Pursuant thereto an opinion letter was delivered to plaintiffs in care of their attorneys at closing. This opinion letter reads as follows:

“The following is the opinion of the firm of Berkson, Gorov & Levin, Ltd., counsel for Nationwide Trust and is furnished to you pursuant to the Agreement of Sale as above identified and dated this 16 day of August, 1985.
1. Purchaser has full legal power and authority to enter into and perform this Agreement and the other agreements contemplated hereby;
2. Nationwide is a validly existing trust, Todd Stern is the validly appointed and presently acting sole Trustee of Nationwide and Todd Stern Trustee is empowered under the terms of the trust to execute this Agreement and the instruments and agreements contemplated hereby and purchase the Purchased Shares;
3. The Agreement and the other agreements contemplated thereby have been duly executed and delivered by and constitute valid and binding obligations of Purchaser and are enforceable in accordance with their terms, except to the extent that the enforcement thereof may be limited by any applicable bankruptcy, insolvency, reorganization, moratorium or similar law affecting creditors’ rights generally, whether now or hereafter in effect, provided that no opinion shall be expressed as to the specific remedy that any court, governmental authority or arbitrator may grant, impose or render; and the execution and delivery thereof by Purchaser, and the performance by Purchaser of its respective obligations thereunder do not and will not result in a breach or termination of or constitute a default under any indenture, agreement or other instrument, or any law, judgment, order, writ, injunction, ruling or decree of any jurisdiction, court or governmental body, to which either Purchaser is a party or by which it or any of its properties may be bound, and which is known to such counsel and;
4. Berkson, Gorov & Levin, Ltd., has no reason to believe that any representation or warranty of Purchaser contained in the Agreement is untrue or misleading in any material respect.
5. All terms used herein which are defined in the Agreement shall have the meanings herein as are ascribed to such terms in the Agreement.”

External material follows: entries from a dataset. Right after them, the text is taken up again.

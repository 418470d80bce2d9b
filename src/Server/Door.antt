-- ===== src/Server/Door.antt =====
-- What a client at the door of src/socket/server/TcpServerSocket.cpp leaves alone: the threads, and
-- all the clients but one that had the same socket.
use eventplus.Prelude.{
  ℕ, ◌+◌, ◌%◌, ◌≡◌, ◌≢◌, refl, sym, ap, ◌∙◌, inl, inr, ℤ, Bool, some, ok, false, first_link,
  Bool-cases, Option-cases, subst, ◌==◌, arith,
}
use eventplus.Common.Details.{
  Ptr, EventStore, Poller, listener, scheduled, client_poller, HandlerClass, server_socket,
  incoming_data,
}
use eventplus.Common.Os.{Os}
use eventplus.Common.Handler.{BaseSocketHandler, HandlerLaws}
use eventplus.Common.Handler
use eventplus.TcpHandler.{is_negative}
use eventplus.SocketHandler.{set_non_blocking}
use eventplus.NetworkEvent.EventScheduler
use eventplus.NetworkEvent.EventScheduler.{EventScheduler, at}
use eventplus.NetworkEvent.Polling.{process_event, is_hangup, dispatch, handle_event}
use eventplus.Server.State.{Server, lookup, deref, write, poller}
use eventplus.Server.Connections.{Uninit, queue_event, own_client, register_client, handle_io_event}
use eventplus.Server.Registry.{update_same, update_other, delete_other, lookup-insert_ne}
use eventplus.Server.Refinement.{same_server, mark_incoming-keeps}
use eventplus.Server.System.{mark_incoming, own_handler, call_dispatcher, callbacks}
use eventplus.Server.Total.{IsWorking, write-IsWorking}
use eventplus.Server.Beside.{IsClient}

-- `addSocket` changes no thread.
add_socket-handlers :
    {W : Type 0} (os : Os W) (s s' : EventScheduler) (p : Ptr) (r o : EventStore) (w w' : W)
    (added : Bool)
    → EventScheduler.add_socket os s p r w ≡ ok (added, s', o, w')
    → (s'.socket_event_handlers ≡ s.socket_event_handlers) × (s'.num_threads ≡ s.num_threads)
unfolding EventScheduler.add_socket
add_socket-handlers os s s' p r o w w' added e = elim (Bool-cases (s.num_threads == 0)) [
  | inl h ↦ let fault = rw h at e in cc
  | inr h ↦
      let (h', there, e') =
        first_link (at s.socket_event_handlers ((s.current_index + 1) % s.num_threads))
          (added, s', o, w') (rw h at e) in
      let same : record s { current_index = (s.current_index + 1) % s.num_threads } ≡ s' = cc in
      (ap (λ t. t.socket_event_handlers) (sym same), ap (λ t. t.num_threads) (sym same))
]

module _ {W : Type 0} where
  -- From `s` to `s'` nothing changes for the threads, and for the clients but that of socket `fd`.
  pub record Admits (fd : ℤ) (s s' : Server W) : Type 0 where
    pub handlers : (who : Poller) → own_handler who s' ≡ own_handler who s
    pub count : s'.event_scheduler.num_threads ≡ s.event_scheduler.num_threads
    pub door : s'.event_store ≡ s.event_store
    pub clients :
        (q : Ptr) (st : EventStore)
        → lookup fd s.client_event_stores ≢ some q
        → IsClient q st s
        → IsClient q st s'

  pub same_handlers :
      (who : Poller) (s t : Server W)
      → t.socket_event_handler ≡ s.socket_event_handler
      → t.event_scheduler.socket_event_handlers ≡ s.event_scheduler.socket_event_handlers
      → own_handler who t ≡ own_handler who s
  unfolding own_handler poller
  same_handlers listener s t own all = own
  same_handlers client_poller s t own all = own
  same_handlers (scheduled i) s t own all = rw (own, all) refl

  Admits-unchanged :
      (fd : ℤ) (s s' t : Server W)
      → ok t ≡ ok s'
      → t.socket_event_handler ≡ s.socket_event_handler
      → t.event_scheduler.socket_event_handlers ≡ s.event_scheduler.socket_event_handlers
      → t.event_scheduler.num_threads ≡ s.event_scheduler.num_threads
      → t.event_store ≡ s.event_store
      → ((q : Ptr) (st : EventStore)
          → lookup fd s.client_event_stores ≢ some q
          → IsClient q st s
          → IsClient q st t)
      → Admits fd s s'
  Admits-unchanged fd s s' t e own all count door clients =
      subst (Admits fd s) (same_server t s' e) (record {
        handlers = λ who. same_handlers who s t own all;
        count = count;
        door = door;
        clients = clients;
      })

module _ {W : Type 0} (os : Os W) (table : HandlerClass → BaseSocketHandler W)
    (laws : (c : HandlerClass) → HandlerLaws (table c)) where
  in_world : (s : Server W) (w : W) → IsWorking s → IsWorking (record s { world = w })
  in_world s w v = record { owners = v.owners; threads = v.threads; handler = v.handler }

  register_client-Admits :
      (fd : ℤ) (store : EventStore) (s s' : Server W)
      → IsWorking s
      → register_client os table fd s.next_ptr store s ≡ ok s'
      → Admits fd s s'
  unfolding register_client own_client queue_event
  register_client-Admits fd store s s' v e =
      let ((started, store1, w1), a, e1) =
        first_link (Handler.init_connection table store s.world) s' e in
      let ((added, scheduler, store2, w3), b, e2) =
        first_link
          (EventScheduler.add_socket os s.event_scheduler s.next_ptr store1
            (set_non_blocking os fd w1))
          s' e1 in
      let same = add_socket-handlers os _ _ _ _ _ _ _ _ b in
      Admits-unchanged fd s s' _ e2 refl same.0 same.1 refl λ q st other (live, known).
        let unused : s.next_ptr ≢ q = λ h. absurd (omega (arith, v.owners.fresh q st live)) in
        let apart : fd ≢ st.socket_id = λ h. other (rw h known) in
        (
          delete_other _ (lookup fd s.client_event_stores) q other
              ∙ update_other s.cell s.next_ptr q _ unused
              ∙ live,
          lookup-insert_ne fd s.next_ptr s.client_event_stores st.socket_id apart ∙ known,
        )

  handle_io_event-Admits :
      (uninit : Uninit) (p : Ptr) (st : EventStore) (s s' : Server W)
      → IsWorking s
      → s.cell p ≡ some st
      → handle_io_event os table uninit p s ≡ ok s'
      → Admits (os.accept st.socket_id s.world).0 s s'
  unfolding handle_io_event deref
  handle_io_event-Admits uninit p st s s' v live e =
      let (fd, address, w1) = os.accept st.socket_id s.world in
      let (ip, w2) = os.inet_ntop address.sin_addr w1 in
      let e1 = rw (live, handle_io_event, deref) at e in
      elim (Bool-cases (is_negative fd)) [
        | inl refused ↦
            Admits-unchanged fd s s' _ (rw refused at e1) refl refl refl refl (λ q st other is. is)
        | inr taken ↦ elim (Option-cases ip) [
          | inl unknown ↦
              Admits-unchanged fd s s' _ (rw (taken, unknown) at e1) refl refl refl refl
                (λ q st other is. is)
          | inr (text, known) ↦
              let a =
                register_client-Admits fd _ (record s { world = w2 }) s' (in_world s w2 v)
                  (rw (taken, known) at e1) in
              record {
                handlers =
                    λ who. a.handlers who ∙ same_handlers who s (record s { world = w2 }) refl refl;
                count = a.count;
                door = a.door;
                clients = a.clients;
              }
        ]
      ]

  -- A client at the door: the event of the accepting thread.
  pub process_event-Admits :
      (uninit : Uninit) (who : Poller) (events : ℕ) (p : Ptr) (st : EventStore) (s s' : Server W)
      → IsWorking s
      → s.event_store ≡ some p
      → s.cell p ≡ some st
      → is_hangup events ≡ false
      → (own_handler who s).event_dispatcher ≡ some server_socket
      → process_event (callbacks os table uninit who) (record { events = events; ptr = some p }) s
        ≡ ok s'
      → Admits (os.accept st.socket_id s.world).0 s s'
  unfolding process_event handle_event dispatch call_dispatcher
  process_event-Admits uninit who events p st s s' v door live stays to_door e =
      let fd = (os.accept st.socket_id s.world).0 in
      elim (Bool-cases (own_handler who s).continue_polling) [
        | inr off ↦
            Admits-unchanged fd s s' s (rw (stays, off) at e) refl refl refl refl
              (λ q st other is. is)
        | inl on ↦
            let (s1, marked, e') =
              first_link (mark_incoming p s) s' (rw (stays, on, to_door) at e) in
            let new = record st { event_type = incoming_data } in
            let same = mark_incoming-keeps os table p st s s1 live marked in
            let v1 = write-IsWorking os table laws p st new s v live (refl, refl, refl) in
            let a =
              handle_io_event-Admits uninit p new (write p new s) s' v1 (update_same s.cell p _)
                (rw same at e') in
            let other : (q : Ptr) (stq : EventStore) → IsClient q stq s → p ≢ q =
              λ q stq is h. v.owners.apart stq.socket_id q is.1 (door ∙ ap some h) in
            record {
              handlers = λ who'. a.handlers who' ∙ same_handlers who' s (write p new s) refl refl;
              count = a.count;
              door = a.door;
              clients = λ q stq free is.
                  a.clients q stq free (update_other s.cell p q _ (other q stq is) ∙ is.0, is.1);
            }
      ]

The sale closed on August 16, 1985. $450,000 was paid to plaintiffs at closing, along with Nationwide’s promissory notes of $1,300,020 payable to plaintiffs, along with pledge and security agreements. Nationwide subsequently defaulted on the notes, and Stem filed a petition for relief under the Bankruptcy Code. Later, it was also revealed that, prior to the closing, Stern had negotiated for a line of credit with Allegheny International Credit Corporation to finance the purchase, and had granted Allegheny a first security interest in Triad’s assets in conflict with the prior security interest subsequently granted plaintiffs under the terms of the stock purchase transaction.

Plaintiffs filed a two-count complaint against defendants, alleging negligence in preparation of the opinion letter in count I and breach of fiduciary duty to plaintiffs in count II. In the first count, plaintiffs alleged that defendants had a duty to them “to exercise a reasonable degree of care and skill in their investigation of the matters which were the subject of the letter of opinion and in making the assertions and representations, and in giving the opinions, contained therein.” The complaint alleged that defendants were negligent in that they “failed to perform or cause to be performed a proper investigation of the credit, legal and financial histories of Stern and Nationwide.” According to the complaint, had defendants performed such investigation, they would have learned that Stern was “commercially and financially and morally unreliable and a poor credit risk” and would have had “reason to believe that the representations and warranties of their clients in the stock purchase transaction were or may have been materially untrue or misleading.” There are no allegations in the complaint, however, of any specific untrue or misleading representations by Stern. Nor are there any allegations that the opinion letter itself contains any misrepresentations by defendants. Nor were any such allegations made in proceedings before the trial court.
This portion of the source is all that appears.